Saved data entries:
::::::::

-- ===== src/Switcher/Totals/Laws.antt =====
-- The totals of server/db/db_func.c survive a restart.
use net_port.Base.{
  if-false, ℕ, ◌≤◌, ◌≡◌, sym, ap, ◌∙◌, inl, inr, true, false, List, some, Str, atoi, print_decimal,
  atoi-print_decimal, if◌then◌else◌, arith,
}
use mathlib.Core.Path.{subst}
use net_port.Switcher.Totals.Rises.{
  Event, run_events, run_events-Rises, max_u64_left, max_u64_right,
}
use net_port.Switcher.{SwitcherServer, StatisticDb, Documented, max_u64, u64}
use net_port.Switcher.Totals.{
  read_pair, or_zero, raise_to, loaded, persist_server_totals, load_server_statistics,
  save_server_statistics, raised, store_statistics, is_empty, fetch_persisted_server_totals,
  fetch_peak_statistic_totals,
}

-- What `store_statistics` leaves in the row of the server, where the update was carried out.
store_statistics-row :
    (db : StatisticDb) (doc : Documented db) (d : db.Store) (s : SwitcherServer) (received sent : ℕ)
    → db.row d s.id ≡ some (received, sent)
    → (persist_server_totals db d s).1 ≡ true
    → db.row (store_statistics db d s).0 s.id
      ≡ some (max_u64 received s.statistics.bytes_received, max_u64 sent s.statistics.bytes_sent)
unfolding store_statistics persist_server_totals
store_statistics-row db doc d s received sent here carried =
    doc.insert_row (persist_server_totals db d s).0 s.id s.statistics.bytes_received
      s.statistics.bytes_sent s.statistics.connections_count s.id
    ∙ doc.update_greatest d s.id s.statistics.bytes_received s.statistics.bytes_sent received sent
        here carried

-- Where the query answers, it shows the row.
fetch_persisted_server_totals-row :
    (db : StatisticDb) (doc : Documented db) (d : db.Store) (id received sent : ℕ)
    (answer : Str × Str)
    → db.row d id ≡ some (received, sent)
    → db.select_totals d id ≡ some answer
    → fetch_persisted_server_totals db d id ≡ some (received, sent)
unfolding fetch_persisted_server_totals read_pair
fetch_persisted_server_totals-row db doc d id received sent answer here answers =
    let small = doc.row_small d id received sent here in
    elim (doc.select_shows d id received sent here) [
      | inl silent ↦ ground (arith, silent, answers)
      | inr shown ↦
          let r : atoi u64 (print_decimal received) ≡ received =
            atoi-print_decimal u64 received small.0 ∙ omega (arith, small) in
          let t : atoi u64 (print_decimal sent) ≡ sent =
            atoi-print_decimal u64 sent small.1 ∙ omega (arith, small) in
          rw shown (λ i. some (r i, t i))
    ]

load_server_statistics-row :
    (db : StatisticDb) (doc : Documented db) (now : ℕ) (d : db.Store) (s : SwitcherServer)
    (received sent : ℕ)
    → fetch_persisted_server_totals db d s.id ≡ some (received, sent)
    → (received ≤ (load_server_statistics db now d s).1.statistics.bytes_received)
      × (sent ≤ (load_server_statistics db now d s).1.statistics.bytes_sent)
unfolding load_server_statistics loaded or_zero
load_server_statistics-row db doc now d s received sent fetched = rw fetched (
  max_u64_left received (or_zero (fetch_peak_statistic_totals db d s.id)).0,
  max_u64_left sent (or_zero (fetch_peak_statistic_totals db d s.id)).1,
)

raised-grows :
    (db : StatisticDb) (d : db.Store) (s : SwitcherServer)
    → (s.statistics.bytes_received ≤ (raised db d s).statistics.bytes_received)
      × (s.statistics.bytes_sent ≤ (raised db d s).statistics.bytes_sent)
unfolding raised raise_to
raised-grows db d s =
    (max_u64_left s.statistics.bytes_received _, max_u64_left s.statistics.bytes_sent _)

save_server_statistics-stores :
    (db : StatisticDb) (d : db.Store) (s : SwitcherServer)
    → s.server.is_dynamic_port ≡ false
    → is_empty s.statistics ≡ false
    → save_server_statistics db d s ≡ store_statistics db d (raised db d s)
unfolding save_server_statistics
save_server_statistics-stores db d s static used =
    let stored = store_statistics db d (raised db d s) in
    if-false s.server.is_dynamic_port (d, s, true)
      (if is_empty s.statistics then (d, s, true) else stored) static
    ∙ if-false (is_empty s.statistics) (d, s, true) stored used

save_server_statistics-row :
    (db : StatisticDb) (doc : Documented db) (d : db.Store) (s : SwitcherServer) (received sent : ℕ)
    → db.row d s.id ≡ some (received, sent)
    → s.server.is_dynamic_port ≡ false
    → is_empty s.statistics ≡ false
    → (persist_server_totals db d (raised db d s)).1 ≡ true
    → db.row (save_server_statistics db d s).0 s.id
      ≡ some (
        max_u64 received (raised db d s).statistics.bytes_received,
        max_u64 sent (raised db d s).statistics.bytes_sent,
      )
unfolding raised raise_to
save_server_statistics-row db doc d s received sent here static used carried =
    ap (λ x. db.row x.0 s.id) (save_server_statistics-stores db d s static used)
    ∙ store_statistics-row db doc d (raised db d s) received sent here carried

-- Let the row of a server exist, and let `save_server_statistics` store the statistics of the server,
-- which is not one of a device and not empty, with an UPDATE that is carried out. After any calls for
-- any servers, `load_server_statistics` for this id, as a restart makes it, finds at least the bytes
-- that were saved, both ways, if its query of the totals answers.
pub saved_totals_survive :
    (db : StatisticDb) (doc : Documented db) (d : db.Store) (s : SwitcherServer)
    (received sent now : ℕ) (es : List Event) (new : SwitcherServer) (answer : Str × Str)
    → db.row d s.id ≡ some (received, sent)
    → s.server.is_dynamic_port ≡ false
    → is_empty s.statistics ≡ false
    → (persist_server_totals db d (raised db d s)).1 ≡ true
    → new.id ≡ s.id
    → db.select_totals (run_events db es (save_server_statistics db d s).0) new.id ≡ some answer
    → (s.statistics.bytes_received
        ≤ (load_server_statistics db now
            (run_events db es (save_server_statistics db d s).0)
            new).1.statistics.bytes_received)
      × (s.statistics.bytes_sent
          ≤ (load_server_statistics db now
              (run_events db es (save_server_statistics db d s).0)
              new).1.statistics.bytes_sent)
saved_totals_survive db doc d s received sent now es new answer here static used carried same
      answers =
    let s1 = raised db d s in
    let grown = raised-grows db d s in
    let d1 = (save_server_statistics db d s).0 in
    let stored : db.row d1 new.id
        ≡ some
            (max_u64 received s1.statistics.bytes_received, max_u64 sent s1.statistics.bytes_sent) =
      subst
        (λ k.
          db.row d1 k
          ≡ some (
            max_u64 received s1.statistics.bytes_received,
            max_u64 sent s1.statistics.bytes_sent,
          ))
        (sym same) (save_server_statistics-row db doc d s received sent here static used carried) in
    let later = run_events-Rises db doc es d1 new.id _ _ stored in
    let shown : fetch_persisted_server_totals db (run_events db es d1) new.id
        ≡ some (later.0.0, later.0.1) =
      fetch_persisted_server_totals-row db doc (run_events db es d1) new.id later.0.0 later.0.1
        answer later.1 answers in
    let found =
      load_server_statistics-row db doc now (run_events db es d1) new later.0.0 later.0.1 shown in
    (
      omega (arith, grown, max_u64_right received s1.statistics.bytes_received, later.2, found),
      omega (arith, grown, max_u64_right sent s1.statistics.bytes_sent, later.3, found),
    )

::::::::

-- Assigned task --
When you reach the end of the data, retype all of it exactly.

-- Written answer --
-- ===== src/Switcher/Totals/Laws.antt =====
-- The totals of server/db/db_func.c survive a restart.
use net_port.Base.{
  if-false, ℕ, ◌≤◌, ◌≡◌, sym, ap, ◌∙◌, inl, inr, true, false, List, some, Str, atoi, print_decimal,
  atoi-print_decimal, if◌then◌else◌, arith,
}
use mathlib.Core.Path.{subst}
use net_port.Switcher.Totals.Rises.{
  Event, run_events, run_events-Rises, max_u64_left, max_u64_right,
}
use net_port.Switcher.{SwitcherServer, StatisticDb, Documented, max_u64, u64}
use net_port.Switcher.Totals.{
  read_pair, or_zero, raise_to, loaded, persist_server_totals, load_server_statistics,
  save_server_statistics, raised, store_statistics, is_empty, fetch_persisted_server_totals,
  fetch_peak_statistic_totals,
}

-- What `store_statistics` leaves in the row of the server, where the update was carried out.
store_statistics-row :
    (db : StatisticDb) (doc : Documented db) (d : db.Store) (s : SwitcherServer) (received sent : ℕ)
    → db.row d s.id ≡ some (received, sent)
    → (persist_server_totals db d s).1 ≡ true
    → db.row (store_statistics db d s).0 s.id
      ≡ some (max_u64 received s.statistics.bytes_received, max_u64 sent s.statistics.bytes_sent)
unfolding store_statistics persist_server_totals
store_statistics-row db doc d s received sent here carried =
    doc.insert_row (persist_server_totals db d s).0 s.id s.statistics.bytes_received
      s.statistics.bytes_sent s.statistics.connections_count s.id
    ∙ doc.update_greatest d s.id s.statistics.bytes_received s.statistics.bytes_sent received sent
        here carried

-- Where the query answers, it shows the row.
fetch_persisted_server_totals-row :
    (db : StatisticDb) (doc : Documented db) (d : db.Store) (id received sent : ℕ)
    (answer : Str × Str)
    → db.row d id ≡ some (received, sent)
    → db.select_totals d id ≡ some answer
    → fetch_persisted_server_totals db d id ≡ some (received, sent)
unfolding fetch_persisted_server_totals read_pair
fetch_persisted_server_totals-row db doc d id received sent answer here answers =
    let small = doc.row_small d id received sent here in
    elim (doc.select_shows d id received sent here) [
      | inl silent ↦ ground (arith, silent, answers)
      | inr shown ↦
          let r : atoi u64 (print_decimal received) ≡ received =
            atoi-print_decimal u64 received small.0 ∙ omega (arith, small) in
          let t : atoi u64 (print_decimal sent) ≡ sent =
            atoi-print_decimal u64 sent small.1 ∙ omega (arith, small) in
          rw shown (λ i. some (r i, t i))
    ]

load_server_statistics-row :
    (db : StatisticDb) (doc : Documented db) (now : ℕ) (d : db.Store) (s : SwitcherServer)
    (received sent : ℕ)
    → fetch_persisted_server_totals db d s.id ≡ some (received, sent)
    → (received ≤ (load_server_statistics db now d s).1.statistics.bytes_received)
      × (sent ≤ (load_server_statistics db now d s).1.statistics.bytes_sent)
unfolding load_server_statistics loaded or_zero
load_server_statistics-row db doc now d s received sent fetched = rw fetched (
  max_u64_left received (or_zero (fetch_peak_statistic_totals db d s.id)).0,
  max_u64_left sent (or_zero (fetch_peak_statistic_totals db d s.id)).1,
)

raised-grows :
    (db : StatisticDb) (d : db.Store) (s : SwitcherServer)
    → (s.statistics.bytes_received ≤ (raised db d s).statistics.bytes_received)
      × (s.statistics.bytes_sent ≤ (raised db d s).statistics.bytes_sent)
unfolding raised raise_to
raised-grows db d s =
    (max_u64_left s.statistics.bytes_received _, max_u64_left s.statistics.bytes_sent _)

save_server_statistics-stores :
    (db : StatisticDb) (d : db.Store) (s : SwitcherServer)
    → s.server.is_dynamic_port ≡ false
    → is_empty s.statistics ≡ false
    → save_server_statistics db d s ≡ store_statistics db d (raised db d s)
unfolding save_server_statistics
save_server_statistics-stores db d s static used =
    let stored = store_statistics db d (raised db d s) in
    if-false s.server.is_dynamic_port (d, s, true)
      (if is_empty s.statistics then (d, s, true) else stored) static
    ∙ if-false (is_empty s.statistics) (d, s, true) stored used

save_server_statistics-row :
    (db : StatisticDb) (doc : Documented db) (d : db.Store) (s : SwitcherServer) (received sent : ℕ)
    → db.row d s.id ≡ some (received, sent)
    → s.server.is_dynamic_port ≡ false
    → is_empty s.statistics ≡ false
    → (persist_server_totals db d (raised db d s)).1 ≡ true
    → db.row (save_server_statistics db d s).0 s.id
      ≡ some (
        max_u64 received (raised db d s).statistics.bytes_received,
        max_u64 sent (raised db d s).statistics.bytes_sent,
      )
unfolding raised raise_to
save_server_statistics-row db doc d s received sent here static used carried =
    ap (λ x. db.row x.0 s.id) (save_server_statistics-stores db d s static used)
    ∙ store_statistics-row db doc d (raised db d s) received sent here carried

-- Let the row of a server exist, and let `save_server_statistics` store the statistics of the server,
-- which is not one of a device and not empty, with an UPDATE that is carried out. After any calls for
-- any servers, `load_server_statistics` for this id, as a restart makes it, finds at least the bytes
-- that were saved, both ways, if its query of the totals answers.
pub saved_totals_survive :
    (db : StatisticDb) (doc : Documented db) (d : db.Store) (s : SwitcherServer)
    (received sent now : ℕ) (es : List Event) (new : SwitcherServer) (answer : Str × Str)
    → db.row d s.id ≡ some (received, sent)
    → s.server.is_dynamic_port ≡ false
    → is_empty s.statistics ≡ false
    → (persist_server_totals db d (raised db d s)).1 ≡ true
    → new.id ≡ s.id
    → db.select_totals (run_events db es (save_server_statistics db d s).0) new.id ≡ some answer
    → (s.statistics.bytes_received
        ≤ (load_server_statistics db now
            (run_events db es (save_server_statistics db d s).0)
            new).1.statistics.bytes_received)
      × (s.statistics.bytes_sent
          ≤ (load_server_statistics db now
              (run_events db es (save_server_statistics db d s).0)
              new).1.statistics.bytes_sent)
saved_totals_survive db doc d s received sent now es new answer here static used carried same
      answers =
    let s1 = raised db d s in
    let grown = raised-grows db d s in
    let d1 = (save_server_statistics db d s).0 in
    let stored : db.row d1 new.id
        ≡ some
            (max_u64 received s1.statistics.bytes_received, max_u64 sent s1.statistics.bytes_sent) =
      subst
        (λ k.
          db.row d1 k
          ≡ some (
            max_u64 received s1.statistics.bytes_received,
            max_u64 sent s1.statistics.bytes_sent,
          ))
        (sym same) (save_server_statistics-row db doc d s received sent here static used carried) in
    let later = run_events-Rises db doc es d1 new.id _ _ stored in
    let shown : fetch_persisted_server_totals db (run_events db es d1) new.id
        ≡ some (later.0.0, later.0.1) =
      fetch_persisted_server_totals-row db doc (run_events db es d1) new.id later.0.0 later.0.1
        answer later.1 answers in
    let found =
      load_server_statistics-row db doc now (run_events db es d1) new later.0.0 later.0.1 shown in
    (
      omega (arith, grown, max_u64_right received s1.statistics.bytes_received, later.2, found),
      omega (arith, grown, max_u64_right sent s1.statistics.bytes_sent, later.3, found),
    )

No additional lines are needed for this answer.